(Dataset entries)
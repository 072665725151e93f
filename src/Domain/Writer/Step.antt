-- ===== src/Domain/Writer/Step.antt =====
-- One write of the service over the log file.
use mastomini.Prelude.{
  ℕ, ◌<◌, ◌^◌, ◌≡◌, ◌⊎◌, refl, Option, none, some, Result, ok, err, inl, inr, Result-cases,
}
use mastomini.Prelude.Bytes.{Bytes}
use mastomini.Store.Base.{Ns, StoreError, bad_key, value_too_large, full, io, corrupt}
use mastomini.Store.Key.{Key}
use mastomini.Store.Contract.{IsKey}
use mastomini.Store.Mem.{MemStore, default, mem_set, mem_erase}
use mastomini.Store.File.{FileStore, os_error, replay, file_set, file_erase}
use mastomini.Store.File.Append.{IsLogged, Survives, replay-IsLogged}
use mastomini.Store.File.Survive.{set-Survives, erase-Survives}
use mastomini.Domain.Base.{Text, Error}
use mastomini.Domain.Codec.{encode}
use mastomini.Domain.Writer.{
  Service, writable, mapped, map_store_error, stored, Change, put_value, erase_value,
}

-- What an acknowledged write makes of the store in memory.
unfoldable pub mem_change : {T : Type 0} → (T → Option Bytes) → Change T → MemStore → MemStore
mem_change to_allocvec (put_value ns key kind value) mem = elim (encode to_allocvec kind value) [
  | ok bytes ↦ (mem_set ns key bytes mem).1
  | err _ ↦ mem
]
mem_change to_allocvec (erase_value ns key) mem = (mem_erase ns key mem).1

-- The fields of `Key` are private: every key comes from `Key::new`.
abbrev pub IsChange : {T : Type 0} → Change T → Type 0
IsChange (put_value ns key kind value) = IsKey key
IsChange (erase_value ns key) = IsKey key

pub stored-eq :
    {S A : Type 0} (write : S → Result StoreError (Unit {0}) × S) (s : Service S A)
    → writable s ≡ ok tt
    → stored write s ≡ mapped (write s.store).0 (record s { store = (write s.store).1 })
unfolding stored
stored-eq write s e = rw (e, stored) refl

pub stored-refused :
    {S A : Type 0} (write : S → Result StoreError (Unit {0}) × S) (s : Service S A) (e : Error)
    → writable s ≡ err e
    → stored write s ≡ (err e, s)
unfolding stored
stored-refused write s e h = rw (h, stored) refl

module _ (crc32 : Bytes → ℕ) where
  -- The file replays to one of two stores.
  abbrev pub Recovers : Bytes → MemStore → MemStore → Type 0
  Recovers file mem next =
      (m : MemStore) × (replay crc32 file default ≡ some (ok m)) × ((m ≡ mem) ⊎ (m ≡ next))

  -- What a call of the file store does that would make `next` of the store in memory.
  abbrev pub Wrote : FileStore → MemStore → Result StoreError (Unit {0}) × FileStore → Type 0
  Wrote store next (ok _, after) = IsLogged crc32 after.file after.mem × (after.mem ≡ next)
  Wrote store next (err e, after) =
      (after ≡ store)
      ⊎ ((e ≡ os_error) × (after.mem ≡ store.mem) × Recovers after.file store.mem next)

  pub data Stepped {A : Type 0} (store : FileStore) (next : MemStore) (r : Result Error (Unit {0}))
      (s' : Service FileStore A) : Type 0 where
    acknowledged :
        r ≡ ok tt
        → s'.latched ≡ none
        → IsLogged crc32 s'.store.file s'.store.mem
        → s'.store.mem ≡ next
        → Stepped store next r s'
    refused :
        (e : Error) → r ≡ err e → s'.latched ≡ none → s'.store ≡ store → Stepped store next r s'
    failed :
        (e : Error)
        → r ≡ err e
        → (message : Text) → s'.latched ≡ some message
        → s'.store.mem ≡ store.mem
        → Recovers s'.store.file store.mem next
        → Stepped store next r s'

  pub set-Wrote :
      (crc32_bound : (bytes : Bytes) → crc32 bytes < 2 ^ 32) (ns : Ns) (k : Key) (value : Bytes)
      (s : FileStore)
      → IsKey k
      → IsLogged crc32 s.file s.mem
      → Wrote s (mem_set ns k value s.mem).1 (file_set crc32 ns k value s)
  set-Wrote crc32_bound ns k value s key l =
      elim (set-Survives crc32 crc32_bound ns k value s key l) [
        | inl (fits, h) ↦ go (file_set crc32 ns k value s) h
        | inr (e, fits, same) ↦ rw same (inl refl)
      ]
    where
      go :
          (p : Result StoreError (Unit {0}) × FileStore)
          → Survives crc32 s.mem (mem_set ns k value s.mem).1 p
          → Wrote s (mem_set ns k value s.mem).1 p
      go (ok _, after) h = h
      go (err e, after) h = inr h

  pub erase-Wrote :
      (crc32_bound : (bytes : Bytes) → crc32 bytes < 2 ^ 32) (ns : Ns) (k : Key) (s : FileStore)
      → IsKey k
      → IsLogged crc32 s.file s.mem
      → Wrote s (mem_erase ns k s.mem).1 (file_erase crc32 ns k s)
  erase-Wrote crc32_bound ns k s key l =
      go (file_erase crc32 ns k s) (erase-Survives crc32 crc32_bound ns k s key l)
    where
      go :
          (p : Result StoreError (Unit {0}) × FileStore)
          → Survives crc32 s.mem (mem_erase ns k s.mem).1 p
          → Wrote s (mem_erase ns k s.mem).1 p
      go (ok _, after) h = h
      go (err e, after) h = inr h

  module _ (crc32_bound : (bytes : Bytes) → crc32 bytes < 2 ^ 32) {A : Type 0} where
    -- An error that leaves the store alone latches or not.
    mapped-unchanged :
        (e : StoreError) (s : Service FileStore A) (next : MemStore)
        → s.latched ≡ none
        → IsLogged crc32 s.store.file s.store.mem
        → Stepped s.store next (mapped (err e) s).0 (mapped (err e) s).1
    unfolding mapped map_store_error
    mapped-unchanged bad_key s next n l = refused _ refl n refl
    mapped-unchanged value_too_large s next n l = refused _ refl n refl
    mapped-unchanged full s next n l = refused _ refl n refl
    mapped-unchanged (io m) s next n l =
        failed _ refl _ refl refl (s.store.mem, replay-IsLogged crc32 crc32_bound l, inl refl)
    mapped-unchanged (corrupt m) s next n l =
        failed _ refl _ refl refl (s.store.mem, replay-IsLogged crc32 crc32_bound l, inl refl)

    mapped-Stepped :
        (r : Result StoreError (Unit {0})) (after : FileStore) (s : Service FileStore A)
        (next : MemStore)
        → s.latched ≡ none
        → IsLogged crc32 s.store.file s.store.mem
        → Wrote s.store next (r, after)
        → Stepped s.store next
            (mapped r (record s { store = after })).0
            (mapped r (record s { store = after })).1
    unfolding mapped map_store_error
    mapped-Stepped (ok _) after s next n l w = acknowledged refl n w.0 w.1
    mapped-Stepped (err e) after s next n l (inl same) = rw same (mapped-unchanged e s next n l)
    mapped-Stepped (err e) after s next n l (inr (os, kept, found)) =
        rw os (failed _ refl _ refl kept found)

    pub stored-Stepped :
        (write : FileStore → Result StoreError (Unit {0}) × FileStore) (s : Service FileStore A)
        (next : MemStore)
        → s.latched ≡ none
        → IsLogged crc32 s.store.file s.store.mem
        → Wrote s.store next (write s.store)
        → Stepped s.store next (stored write s).0 (stored write s).1
    stored-Stepped write s next n l w = elim (Result-cases (writable s)) [
      | inl (_, e) ↦
          rw (stored-eq write s e) (mapped-Stepped (write s.store).0 (write s.store).1 s next n l w)
      | inr (e, h) ↦ rw (stored-refused write s e h) (refused e refl n refl)
    ]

> **Exercise directions**
Go through the records above and copy each line where "Writer" is found.

> **Response below**
filename src/Domain/Writer/Step.antt
-- ===== src/Domain/Writer/Step.antt =====
use mastomini.Domain.Writer.{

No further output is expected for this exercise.